Supports text, embeddings, votes, and survey questions:

```python
import sys
sys.path.append('../src/')

from corpus import Corpus

modalities = {
    "text": {
        "column": "doc_clean",
        "views": {
            "bow": {
                "type": "bow",
                "vectorizer": CountVectorizer()
            }
        }
    },
    "image": {
        "column": "image_path",
        "views": {
            "embedding": {
                "type": "embedding",
                "embed_fn": my_image_embedder
            }
        }
    }
}

my_dataset = Corpus(df, modalities=modalities)
```

Optionally include metadata:

* `prevalence`, `content`, `labels`, `prediction`

---

### 2. Train a Model

#### For Topic Models:

```python
from models import GTM

model = GTM(
    n_topics=20, 
    doc_topic_prior="logistic_normal",
    ae_type="wae"
)
```

#### For Ideal Point Models:

```python
from models import IdealPointNN

model = IdealPointNN(
    n_ideal_points=1, # one-dimensional ideal point model
    ae_type="vae"
)
```

#### 🔧 Common Options

| Argument         | Description                                  |
| ---------------- | -------------------------------------------- |
| `ae_type`        | `"wae"` (Wasserstein autoencoder) or `"vae"` (variational autoencoder) or `"ae"` (plain autoencoder) |
| `fusion`         | `"poe"` (Product of Experts), `"moe_gating"` (Mixture of Experts), or `"moe_average"` (Simple averaging across modalities) |
| `update_prior`   | Learn a structured prior conditioned on `prevalence` covariates                    |
| `w_prior`        | Strength of prior alignment for `wae`              |
| `w_pred_loss`    | Weight of supervised loss predicting `label`                   |
| `kl_annealing_*` | Strength of prior alignment for `vae`. Helps preventing posterior collapse.    |

---

## 🔍 Analysis and Utilities

### 📚 Topic Models (`GTM`)

* `get_topic_words()` – top words per topic
* `get_covariate_words()` – word shifts by `content` covariates
* `get_top_docs()` – representative documents
* `get_topic_word_distribution()` – topic-word matrix
* `get_covariate_word_distribution()` – word shift matrix
* `plot_topic_word_distribution()` – word clouds / bar plots
* `visualize_docs()` – document embeddings (UMAP, t-SNE, PCA)
* `visualize_words()` – word embeddings
* `visualize_topics()` – topic embeddings

### 👤 Ideal Point Models (`IdealPointNN`)

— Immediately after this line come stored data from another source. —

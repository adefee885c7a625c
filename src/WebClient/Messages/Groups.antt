-- ===== src/WebClient/Messages/Groups.antt =====
-- rtpconn/webclient.go: the group actions of `handleClientMessage`, and `parseStatefulToken`. A JSON
-- number is a natural number here, so a relative time lies ahead.
use galene.Base.{
  ℕ, ◌+◌, ◌*◌, Bool, true, false, not, ◌&&◌, ◌||◌, Option, none, some, List, [], ◌∷◌, if◌then◌else◌,
  Text, same, bytes,
}
use galene.Base.Json.{
  Json, null, text, number, boolean, array, object, Fields, as_text, as_object, at_key,
  to_string_array,
}
use galene.Base.Results.{Result, ok, err, ◌>>=◌}
use galene.Tokens.{Stateful}
use galene.WebClient.{
  WebClient, ClientMessage, blank, Failure, user_error, Effect, send_all, clear_history, lock_group,
  merge_data, start_recording, stop_recording, put_token, Outcome, Environment, fits, fails,
  written, write_last, refuse, report, has,
}
use galene.WebClient.Connections.{is_blank}

-- The results of `parseString`, `parseStringList` and `parseTime`; an absent key is null.
abbrev pub parse_string : Json → Result Text (Option Text)
parse_string null = ok none
parse_string (text t) = ok (some t)
parse_string (number n) = err (bytes "bad string value")
parse_string (boolean b) = err (bytes "bad string value")
parse_string (array a) = err (bytes "bad string value")
parse_string (object o) = err (bytes "bad string value")

abbrev pub string_list : Option (Option (List Text)) → Result Text (Option (List Text))
string_list none = err (bytes "bad string list")
string_list (some r) = ok r

abbrev pub parse_at : Environment → Option ℕ → Result Text (Option ℕ)
parse_at e none = err (bytes "bad time value")
parse_at e (some n) = ok (some n)

abbrev pub time_value : Environment → Json → Result Text (Option ℕ)
time_value e null = ok none
time_value e (text t) = parse_at e (e.parse_time t)
time_value e (number n) = ok (some (e.now + n * 1000000))
time_value e (boolean b) = err (bytes "bad time value")
time_value e (array a) = err (bytes "bad time value")
time_value e (object o) = err (bytes "bad time value")

abbrev pub or_blank : Option Text → Text
or_blank none = []
or_blank (some t) = t

abbrev pub or_none : Option (List Text) → List Text
or_none none = []
or_none (some ts) = ts

abbrev pub is_given {ℓ} : {A : Type ℓ} → Option A → Bool
is_given none = false
is_given (some x) = true

-- `parseStatefulToken`: the token, and whether it has a list of permissions.
abbrev pub parse_token_fields : Environment → Option Fields → Result Text (Stateful × Bool)
parse_token_fields e none = err (bytes "bad token value")
parse_token_fields e (some o) = parse_string (at_key (bytes "token") o) >>= λ t.
    parse_string (at_key (bytes "username") o) >>= λ u.
    parse_string (at_key (bytes "group") o) >>= λ g.
    string_list (to_string_array (at_key (bytes "permissions") o)) >>= λ p.
    time_value e (at_key (bytes "expires") o) >>= λ x.
    time_value e (at_key (bytes "not-before") o) >>= λ n. ok (
      record {
        token = or_blank t;
        group = or_blank g;
        include_subgroups = false;
        username = u;
        permissions = or_none p;
        expires = x;
        not_before = n;
        issued_at = none;
        issued_by = none;
      },
      is_given p,
    )

abbrev pub parse_stateful_token : Environment → Json → Result Text (Stateful × Bool)
parse_stateful_token e v = parse_token_fields e (as_object v)

-- The messages that answer a request about tokens.
abbrev pub token_error : Environment → WebClient → Text → Text → Text → Outcome
token_error e c kind error t = write_last e c [] (record blank {
  type = bytes "usermessage";
  kind = kind;
  privileged = true;
  error = error;
  value = text t;
})

abbrev pub token_reply : Environment → Text → List Effect
token_reply e kind =
    written e (record blank { type = bytes "usermessage"; kind = kind; privileged = true })

-- What is left of "maketoken" and "edittoken" once the token to be written is known.
abbrev pub token_updated :
    Environment → WebClient → Stateful → Text → Result Text Stateful → Outcome
token_updated e c t tag (err m) = record (token_error e c (bytes "token") (bytes "error") m) {
  effects = put_token t tag ∷ (token_error e c (bytes "token") (bytes "error") m).effects;
}
token_updated e c t tag (ok new) = fits c (put_token t tag ∷ token_reply e (bytes "token"))

-- The loop over the token's permissions.
abbrev pub has_all : WebClient → List Text → Bool
has_all c [] = true
has_all c (p ∷ ps) = has c p && has_all c ps

abbrev pub is_taken : Environment → Option Text → Bool
is_taken e none = false
is_taken e (some u) = e.user_exists u

abbrev pub issued : Environment → WebClient → Stateful → Stateful
issued e c t = record t {
  token = e.random;
  issued_by = (if is_blank c.username then none else some c.username);
  issued_at = some e.now;
}

abbrev pub token_made : Environment → WebClient → Text → Result Text (Stateful × Bool) → Outcome
token_made e c g (err m) = token_error e c (bytes "token") (bytes "error") m
token_made e c g (ok (t, given)) =
    let wrong = token_error e c (bytes "token") (bytes "error") in
    if not (is_blank t.token)
    then wrong (bytes "client specified token")
    else if not (same t.group g)
    then wrong (bytes "wrong group in token")
    else if t.include_subgroups
    then wrong (bytes "hierarchical token not allowed")
    else if not (is_given t.expires)
    then wrong (bytes "token doesn't expire")
    else if is_taken e t.username
    then wrong (bytes "that username is taken")
    else if not (has_all c t.permissions)
    then token_error e c (bytes "token") (bytes "not-authorised") (bytes "not authorised")
    else token_updated e c (issued e c t) [] (e.update_token (issued e c t) [])

-- "edittoken"
abbrev pub or_old : Option ℕ → Option ℕ → Option ℕ
or_old none old = old
or_old (some n) old = some n

abbrev pub token_found :
    Environment → WebClient → Stateful → Result Text (Stateful × Text) → Outcome
token_found e c t (err m) = token_error e c (bytes "token") (bytes "error") m
token_found e c t (ok (old, tag)) =
    let new = record old {
      expires = or_old t.expires old.expires;
      not_before = or_old t.not_before old.not_before;
    } in
    token_updated e c new tag (e.update_token new tag)

abbrev pub edits_fixed : Stateful → Bool → Bool
edits_fixed t given =
    not (is_blank t.group)
    || (is_given t.username
        || (t.include_subgroups || (given || (is_given t.issued_by || is_given t.issued_at))))

abbrev pub token_edited : Environment → WebClient → Result Text (Stateful × Bool) → Outcome
token_edited e c (err m) = token_error e c (bytes "token") (bytes "error") m
token_edited e c (ok (t, given)) =
    if edits_fixed t given
    then token_error e c (bytes "token") (bytes "error") (bytes "this field cannot be edited")
    else token_found e c t (e.get_token t.token)

abbrev pub tokens_listed : Environment → WebClient → Result Text (List Stateful) → Outcome
tokens_listed e c (err m) = token_error e c (bytes "tokenlist") (bytes "error") m
tokens_listed e c (ok ts) = fits c (token_reply e (bytes "tokenlist"))

-- "clearchat": the ids in the value, if it is one of an object.
abbrev pub id_of : Option Text → Text
id_of none = []
id_of (some t) = t

abbrev pub clear_chat : WebClient → Json → Text → Text → Outcome
clear_chat c v id user_id = fits c (
    clear_history id user_id
    ∷ send_all none (record blank {
      type = bytes "usermessage";
      kind = bytes "clearchat";
      value = v;
      privileged = true;
    })
    ∷ [])

abbrev pub clear_ids : Environment → WebClient → Json → Text → Text → Outcome
clear_ids e c v id user_id =
    if is_blank user_id && not (is_blank id)
    then refuse e c (bytes "bad value in clearchat")
    else clear_chat c v id user_id

abbrev pub clear_object : Environment → WebClient → Json → Option Fields → Outcome
clear_object e c v none = refuse e c (bytes "bad value in clearchat")
clear_object e c v (some o) =
    clear_ids e c v (id_of (as_text (at_key (bytes "id") o)))
      (id_of (as_text (at_key (bytes "userId") o)))

abbrev pub is_null : Json → Bool
is_null null = true
is_null (text t) = false
is_null (number n) = false
is_null (boolean b) = false
is_null (array a) = false
is_null (object o) = false

abbrev pub disk_made : Environment → WebClient → Option Failure → Outcome
disk_made e c (some f) = report e c [] f
disk_made e c none = fits c (start_recording ∷ [])

abbrev pub data_set : Environment → WebClient → Option Fields → Outcome
data_set e c none = refuse e c (bytes "Bad value in setdata")
data_set e c (some o) = fits c (merge_data o ∷ [])

abbrev pub subgroups_told : Environment → WebClient → Outcome
subgroups_told e c = fits c (
    written e (record blank {
      type = bytes "chat";
      dest = c.id;
      username = some (bytes "Server");
      value = text e.subgroups;
    }))

-- The message "groupaction" to the group `g`.
unfoldable pub handle_group_action : Environment → WebClient → ClientMessage → Text → Outcome
handle_group_action e c m g =
    let denied = refuse e c (bytes "not authorised") in
    if same m.kind (bytes "clearchat")
    then (if not (has c (bytes "op"))
        then denied
        else if is_null m.value
        then clear_chat c m.value [] []
        else clear_object e c m.value (as_object m.value))
    else if same m.kind (bytes "lock") || same m.kind (bytes "unlock")
    then (if not (has c (bytes "op"))
        then denied
        else fits c (lock_group (same m.kind (bytes "lock")) (id_of (as_text m.value)) ∷ []))
    else if same m.kind (bytes "record")
    then (if not (has c (bytes "record"))
        then denied
        else if e.recording
        then refuse e c (bytes "already recording")
        else disk_made e c e.new_disk)
    else if same m.kind (bytes "unrecord")
    then (if not (has c (bytes "record")) then denied else fits c (stop_recording ∷ []))
    else if same m.kind (bytes "subgroups")
    then (if not (has c (bytes "op")) then denied else subgroups_told e c)
    else if same m.kind (bytes "setdata")
    then (if not (has c (bytes "op")) then denied else data_set e c (as_object m.value))
    else if same m.kind (bytes "maketoken")
    then (if not (has c (bytes "token"))
        then token_error e c (bytes "token") (bytes "not-authorised") (bytes "not authorised")
        else token_made e c g (parse_stateful_token e m.value))
    else if same m.kind (bytes "edittoken")
    then (if not (has c (bytes "op") && has c (bytes "token"))
        then token_error e c (bytes "token") (bytes "not-authorised") (bytes "not authorised")
        else token_edited e c (parse_stateful_token e m.value))
    else if same m.kind (bytes "listtokens")
    then (if not (has c (bytes "op") && has c (bytes "token"))
        then token_error e c (bytes "tokenlist") (bytes "not-authorised") (bytes "not authorised")
        else tokens_listed e c (e.list_tokens g))
    else fails c [] (user_error (bytes "unknown group action"))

* `get_ideal_points()` – ℝ️ⁿ latent space
* `get_predictions()` – supervised output
* `get_modality_weights()` – fusion weights (PoE or gating)

---

## 📁 Tutorials

Check out the [example notebooks](notebooks/) to get started.

Download sample data to run some notebooks:
[Congressional Speeches CSV](https://www.dropbox.com/scl/fi/ojshavj5azk4jt7a4p3ap/us_congress_speeches_sample.csv?rlkey=x3x86kc9pb94kuu1c8yze5u3l&st=awtc4wr2&dl=1)

---

## 📖 References

* **Deep Latent Variable Models for Unstructured Data**
*, Germain Gauthier, Philine Widmer, Elliott Ash (2025)*

* **The Neural Ideal Point Model**
*, Germain Gauthier, Hugo Subtil, Philine Widmer (2025)*

---

## ⚠️ Disclaimer

This package is under active development 🚧 — feedback and contributions welcome!